I am dealing with huge sparse arrays of dimensions greater than 10^6. I am interested in finding only few extremal eigenvalues. To this end, I tried to use the Arpack package but I noticed that if the size of the sparse array get too big, the number of used CPUs in use decreases. For example
using LinearAlgebra
using Arpack
using SparseArrays
BLAS.set_num_threads(16)
A = sprand(100000,100000,0.001)
eigs(A,nev = 20,which=:SR)
Then I get this from the top command
PID USER PR NI VIRT RES SHR S %CPU %MEM TIME+ COMMAND
38936 ahmed 20 0 19.901g 0.016t 133852 R 1597 2.2 21:09.33 julia
Now if I increase the dimension of A
using LinearAlgebra
using Arpack
using SparseArrays
BLAS.set_num_threads(16)
A = sprand(1000000,1000000,0.001)
eigs(A,nev = 20,which=:SR)
Then the top command reads
PID USER PR NI VIRT RES SHR S %CPU %MEM TIME+ COMMAND
38936 ahmed 20 0 34.919g 0.030t 133852 R 155.7 4.1 44:02.02 julia
One notices that not all CPUs are being used. The decrease is in fact drastic! Any explanation for this weird behavior or what might be wrong? This has been tested on two machines, one with 12 physical cores and one with 24 physical cores.
I also tested this on similar packages like KrylovKit and it also shows the same behavior which might be related to how Julia itself deals with huge operations on huge sparse arrays. Any help is appreciated
If you’re using a Krylov method (or any other method that relies on matrix–vector products), then perhaps this package: https://github.com/jagot/ThreadedSparseArrays.jl could be useful? It tries to speed-up the multiplication by threading over the output columns, so for matrix–vector products, you have to use mul!(y, transpose(At), x) for At = ThreadedSparseMatrixCSC(A), where A is your sparse matrix.
The package is mostly a proof-of-concept right now, but seems to work.
BLAS is used for things like orthogonalization and scalar products in Krylov methods, but direct sparse solvers can’t use it in a significant way ( I think ).
That’s true, but my impression is that usually the matrix-vector products account for the bulk of the time (unless you are building up a huge subspace without restarting).
@stevengj
That’s true, but my impression is that usually the matrix-vector products account for the bulk of the time (unless you are building up a huge subspace without restarting).
I’ve had cases where we had to do a few hundred Krylovs/Newton because our preconditioner, while scalable, was still pretty bad. The Jacobian-vector product was expensive, but the orthogonalization was expensive enough to be painful. Someone from the Trilinos project pointed me at classical Gram-Schmidt (twice!) for the orthogonalization, and that helped a lot.

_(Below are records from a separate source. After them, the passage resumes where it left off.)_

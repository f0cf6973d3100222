-- ===== src/Engine.antt =====
-- precog.go: the configuration with its defaults, the engine's state, and who counts as authenticated.
use cache_predict.Common.{
  zero, suc, ◌*◌, ◌^◌, Bool, true, false, not, ◌&&◌, ◌||◌, Option, none, some, List, [], ◌∷◌,
  if◌then◌else◌,
}
use cache_predict.Common.Int.{ℤ, pos, negsuc}
use cache_predict.Common.Words.{Bytes}
use cache_predict.Common.Dict.{bytes_key}
use cache_predict.Common.Text.{codes, is_empty, has_prefix}
use cache_predict.Http
use cache_predict.Prefetcher
use cache_predict.Prefetcher.{Fraction, Prefetcher}
use cache_predict.Request.{Request, Cookie}
use cache_predict.Telemetry.{Telemetry, new_telemetry}

pub record Config (S P : Type 0) : Type 0 where
  pub store : Option S
  pub predictor : Option P
  pub confidence_threshold : Fraction
  pub ttl : ℤ
  pub session_cookie_name : Bytes
  pub cookie_secure : Bool
  pub session_extractor : Option (Request → Bytes)
  pub is_authenticated : Option (Request → Bool)
  pub auth_cookie_names : List Bytes
  pub skip_routes : List Bytes
  pub public_routes : List Bytes
  pub max_response_size : ℤ
  pub coalesce_authenticated : Bool
  pub vary_headers : List Bytes
  pub workers : ℤ

-- The engine; its InflightGroup is in Coalesce.
pub record Engine (S P : Type 0) : Type 0 where
  pub config : Config S P
  pub store : S
  pub predictor : P
  pub prefetcher : Option Prefetcher
  pub telemetry : Telemetry

abbrev pub or_default : ℤ → ℤ → ℤ
or_default (pos zero) d = d
or_default (pos (suc n)) d = pos (suc n)
or_default (negsuc n) d = d

abbrev pub threshold_or_default : Fraction → Fraction
threshold_or_default t = elim t.num [
  | pos zero ↦ record { num = pos 65; den = 100 }
  | pos (suc m) ↦ t
  | negsuc m ↦ record { num = pos 65; den = 100 }
]

abbrev pub chosen {ℓ} : {A : Type ℓ} → Option A → A → A
chosen none d = d
chosen (some a) d = a

-- The loops over path prefixes.
unfoldable pub any_prefix : List Bytes → Bytes → Bool
any_prefix [] path = false
any_prefix (p ∷ prefixes) path = has_prefix path p || any_prefix prefixes path

module _ {S P : Type 0} where
  unfoldable pub with_defaults : Config S P → Config S P
  with_defaults cfg = record cfg {
    confidence_threshold = threshold_or_default cfg.confidence_threshold;
    ttl = or_default cfg.ttl (pos (60 * 10 ^ 9));
    session_cookie_name =
        if is_empty cfg.session_cookie_name then codes "precog_sid" else cfg.session_cookie_name;
    workers = or_default cfg.workers (pos 4);
    max_response_size = or_default cfg.max_response_size (pos (2 * 1024 * 1024));
  }

  -- New, over the store and the predictor that it makes by default
  unfoldable pub new_engine : S → P → Config S P → Engine S P
  new_engine default_store default_predictor cfg = record {
    config = with_defaults cfg;
    store = chosen cfg.store default_store;
    predictor = chosen cfg.predictor default_predictor;
    prefetcher = none;
    telemetry = new_telemetry;
  }

  unfoldable pub is_route_public : Engine S P → Bytes → Bool
  is_route_public e path = any_prefix e.config.public_routes path

unfoldable pub names_cookie : List Bytes → Cookie → Bool
names_cookie [] c = false
names_cookie (name ∷ names) c =
    (bytes_key.same c.name name && not (is_empty c.value)) || names_cookie names c

unfoldable pub any_named : List Bytes → List Cookie → Bool
any_named names [] = false
any_named names (c ∷ cookies) = names_cookie names c || any_named names cookies

unfoldable pub any_other : Bytes → List Cookie → Bool
any_other session_cookie_name [] = false
any_other session_cookie_name (c ∷ cookies) =
    ((is_empty session_cookie_name || not (bytes_key.same c.name session_cookie_name))
      && not (is_empty c.value))
    || any_other session_cookie_name cookies

abbrev pub has_header : Request → Bytes → Bool
has_header r name = not (is_empty (Http.get r.header name))

abbrev pub no_names : List Bytes → Bool
no_names [] = true
no_names (n ∷ names) = false

unfoldable pub is_default_authenticated : Request → Bytes → List Bytes → Bool
is_default_authenticated r session_cookie_name auth_cookie_names =
    if has_header r (codes "Authorization") || has_header r (codes "Proxy-Authorization")
    then true
    else if has_header r (codes "X-Auth-Token") || has_header r (codes "X-API-Key")
    then true
    else if no_names auth_cookie_names
    then any_other session_cookie_name r.cookies
    else any_named auth_cookie_names r.cookies

abbrev pub close_prefetcher : Option Prefetcher → Option Prefetcher
close_prefetcher none = none
close_prefetcher (some p) = some (Prefetcher.close p)

module _ {S P : Type 0} where
  unfoldable pub is_request_authenticated : Engine S P → Request → Bool
  is_request_authenticated e r = elim e.config.is_authenticated [
    | some check ↦ check r
    | none ↦ is_default_authenticated r e.config.session_cookie_name e.config.auth_cookie_names
  ]

  -- Handler, the first time: the prefetcher of the root handler
  unfoldable pub with_handler : Engine S P → Engine S P
  with_handler e = elim e.prefetcher [
    | some p ↦ e
    | none ↦ record e {
      prefetcher = some (record {
        has_handler = true;
        queue = [];
        threshold = e.config.confidence_threshold;
        ttl = e.config.ttl;
        is_auth = some (is_request_authenticated e);
        closed = false;
      });
    }
  ]

  -- Close, over the store's own
  unfoldable pub close : (S → S) → Engine S P → Engine S P
  close close_store e = record e {
    prefetcher = close_prefetcher e.prefetcher;
    store = close_store e.store;
  }
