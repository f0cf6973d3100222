-- ===== src/Markov.antt =====
-- predictor.go: `AdaptiveMarkovPredictor`, whose transitions and totals are maps by pattern. Counters are Go ints,
-- as their 64 bits: a weight of SeedTransition may be negative, and sums wrap around.
pub mod Counts
pub mod Invariant
pub mod Forecast
mod Runs
use cache_predict.Common.{
  ℕ, zero, suc, ◌+◌, ◌-◌, ◌%◌, ◌^◌, Bool, true, false, not, ◌&&◌, Option, none, some, List, [], ◌∷◌,
  ◌++◌, leb, ltb, if◌then◌else◌, length, drop, take, get_elem?,
}
use cache_predict.Common.Int.{ℤ, pos, negsuc, int_bits, int_lt}
use cache_predict.Common.Words.{Bytes}
use cache_predict.Common.Dict.{Dict, lookup, insert, remove, bytes_key}
use cache_predict.Common.Text.{
  codes, is_empty, contains, replace_first, split, split_once, to_upper,
}
use cache_predict.Dense.Hydrate.{is_numeric, is_uuid, is_hex_id}
use cache_predict.Dense.Ops.{Prediction}
use cache_predict.Normalizer.{normalize_route}

pub record HistoryStep : Type 0 where
  pub concrete : Bytes
  pub pattern : Bytes
  pub path : Bytes
  pub query : Bytes

pub record AdaptiveMarkovPredictor : Type 0 where
  pub max_history : ℕ
  pub max_sessions : ℕ
  pub sessions : Dict Bytes (List HistoryStep)
  pub transitions : Dict Bytes (Dict Bytes ℕ)
  pub totals : Dict Bytes ℕ

abbrev pub new_adaptive_markov_predictor : AdaptiveMarkovPredictor
new_adaptive_markov_predictor = record {
  max_history = 10;
  max_sessions = 5000;
  sessions = [];
  transitions = [];
  totals = [];
}

-- What reading a missing key of a map gives.
abbrev pub or_zero : Option ℕ → ℕ
or_zero none = 0
or_zero (some n) = n

abbrev pub or_nil {ℓ} : {A : Type ℓ} → Option (List A) → List A
or_nil none = []
or_nil (some l) = l

unfoldable pub total_of : Bytes → AdaptiveMarkovPredictor → ℕ
total_of from p = or_zero (lookup from p.totals)

unfoldable pub row_of : Bytes → AdaptiveMarkovPredictor → Dict Bytes ℕ
row_of from p = or_nil (lookup from p.transitions)

unfoldable pub past_of : Bytes → AdaptiveMarkovPredictor → List HistoryStep
past_of session p = or_nil (lookup session p.sessions)

-- p.transitions[from][to] += weight; p.totals[from] += weight
unfoldable pub add_weight : Bytes → Bytes → ℤ → AdaptiveMarkovPredictor → AdaptiveMarkovPredictor
add_weight from to weight p = record p {
  transitions =
      insert from
        (insert to ((or_zero (lookup to (row_of from p)) + int_bits weight) % 2 ^ 64)
          (row_of from p))
        p.transitions;
  totals = insert from ((total_of from p + int_bits weight) % 2 ^ 64) p.totals;
}

abbrev pub last_visit : List HistoryStep → Option HistoryStep
last_visit [] = none
last_visit (s ∷ []) = some s
last_visit (s ∷ t ∷ hist) = last_visit (t ∷ hist)

unfoldable pub count_visit :
    List HistoryStep → HistoryStep → AdaptiveMarkovPredictor → AdaptiveMarkovPredictor
count_visit hist step p = elim (last_visit hist) [
  | none ↦ p
  | some last ↦ add_weight last.pattern step.pattern (pos 1) p
]

-- The first key of `range p.sessions`, of which Go leaves the order open: `victim` chooses it.
unfoldable pub drop_session : ℕ → Dict Bytes (List HistoryStep) → Dict Bytes (List HistoryStep)
drop_session victim sessions = elim (get_elem? sessions (victim % length sessions)) [
  | none ↦ sessions
  | some entry ↦ remove entry.0 sessions
]

unfoldable pub keep_latest : ℕ → List HistoryStep → List HistoryStep
keep_latest max_history hist =
    if ltb max_history (length hist) then drop (length hist - max_history) hist else hist

-- The part of Record behind the transition.
unfoldable pub remember :
    ℕ → Bytes → List HistoryStep → HistoryStep → AdaptiveMarkovPredictor → AdaptiveMarkovPredictor
remember victim session hist step p =
    let full = leb (length hist) 0 && leb p.max_sessions (length p.sessions) in
    record p {
      sessions =
          insert session (keep_latest p.max_history (hist ++ step ∷ []))
            (if full then drop_session victim p.sessions else p.sessions);
    }

abbrev pub visit_step : Bytes → Bytes → Bytes → HistoryStep
visit_step method path query =
    let upper = to_upper method in
    record {
      concrete =
          (upper ++ (codes " " ++ path)) ++ (if is_empty query then [] else codes "?" ++ query);
      pattern = normalize_route upper path;
      path = path;
      query = query;
    }

-- Record
unfoldable pub record_visit :
    ℕ → Bytes → Bytes → Bytes → Bytes → AdaptiveMarkovPredictor → AdaptiveMarkovPredictor
record_visit victim session method path query p =
    let step = visit_step method path query in
    let hist = past_of session p in remember victim session hist step (count_visit hist step p)

-- SeedTransition
abbrev pub seed_transition : Bytes → Bytes → ℤ → AdaptiveMarkovPredictor → AdaptiveMarkovPredictor
seed_transition = add_weight

-- ResetSession
unfoldable pub forget_session : Bytes → AdaptiveMarkovPredictor → AdaptiveMarkovPredictor
forget_session session p = record p { sessions = remove session p.sessions }

-- One segment in the place of its kind of placeholder, where the path has that.
unfoldable pub put_segment : Bytes → Bytes → Option Bytes
put_segment seg path =
    if is_empty seg
    then none
    else if is_numeric seg && contains path (codes ":id")
    then some (replace_first path (codes ":id") seg)
    else if is_uuid seg && contains path (codes ":uuid")
    then some (replace_first path (codes ":uuid") seg)
    else if is_hex_id seg && contains path (codes ":hex")
    then some (replace_first path (codes ":hex") seg)
    else none

-- From the last segment on, up to the first that has a place.
unfoldable pub put_last : List Bytes → Bytes → Option Bytes
put_last [] path = none
put_last (seg ∷ segments) path = elim (put_last segments path) [
  | some filled ↦ some filled
  | none ↦ put_segment seg path
]

abbrev pub filled_or : Option Bytes → Bytes → Bytes
filled_or none path = path
filled_or (some filled) path = filled

unfoldable pub reconstruct_call : Bytes → HistoryStep → Bytes
reconstruct_call target last = elim (split_once b' ' target) [
  | none ↦ target
  | some (method, path) ↦
      let filled = filled_or (put_last (split b'/' last.path) path) path in
      let call = method ++ (codes " " ++ filled) in
      if not (is_empty last.query) && contains filled last.path
      then call ++ (codes "?" ++ last.query)
      else call
]

unfoldable pub row_predictions : ℕ → HistoryStep → Dict Bytes ℕ → List Prediction
row_predictions total last [] = []
row_predictions total last ((pattern, count) ∷ row) =
    record { call = reconstruct_call pattern last; pattern = pattern; count = count; total = total }
    ∷ row_predictions total last row

-- sort.Slice by falling probabilities, which have one denominator.
unfoldable pub insert_prediction : Prediction → List Prediction → List Prediction
insert_prediction c [] = c ∷ []
insert_prediction c (d ∷ l) =
    if int_lt c.count d.count then d ∷ insert_prediction c l else c ∷ d ∷ l

unfoldable pub sort_predictions : List Prediction → List Prediction
sort_predictions [] = []
sort_predictions (c ∷ l) = insert_prediction c (sort_predictions l)

unfoldable pub cut_predictions : ℤ → List Prediction → List Prediction
cut_predictions (pos k) preds = if ltb 0 k && ltb k (length preds) then take k preds else preds
cut_predictions (negsuc k) preds = preds

-- Predict
unfoldable pub forecast : Bytes → ℤ → AdaptiveMarkovPredictor → List Prediction
forecast session top_k p = elim (last_visit (past_of session p)) [
  | none ↦ []
  | some last ↦
      let total = total_of last.pattern p in
      if not (int_lt 0 total)
      then []
      else cut_predictions top_k
          (sort_predictions (row_predictions total last (row_of last.pattern p)))
]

I don’t have much experience with sparse matrices, can you expand on why sparse algorithms (eg spmv) can’t use threading? Because they’re bandwidth-bound?
I don’t think it’s so much that they can’t, but rather that Julia’s built-in sparse library has not been threaded yet. See e.g. this open PR that the package I mentioned above was based on/inspired by.
Then of course, depending on which storage you use (column- or row-major), some operations are easier to parallelize than others.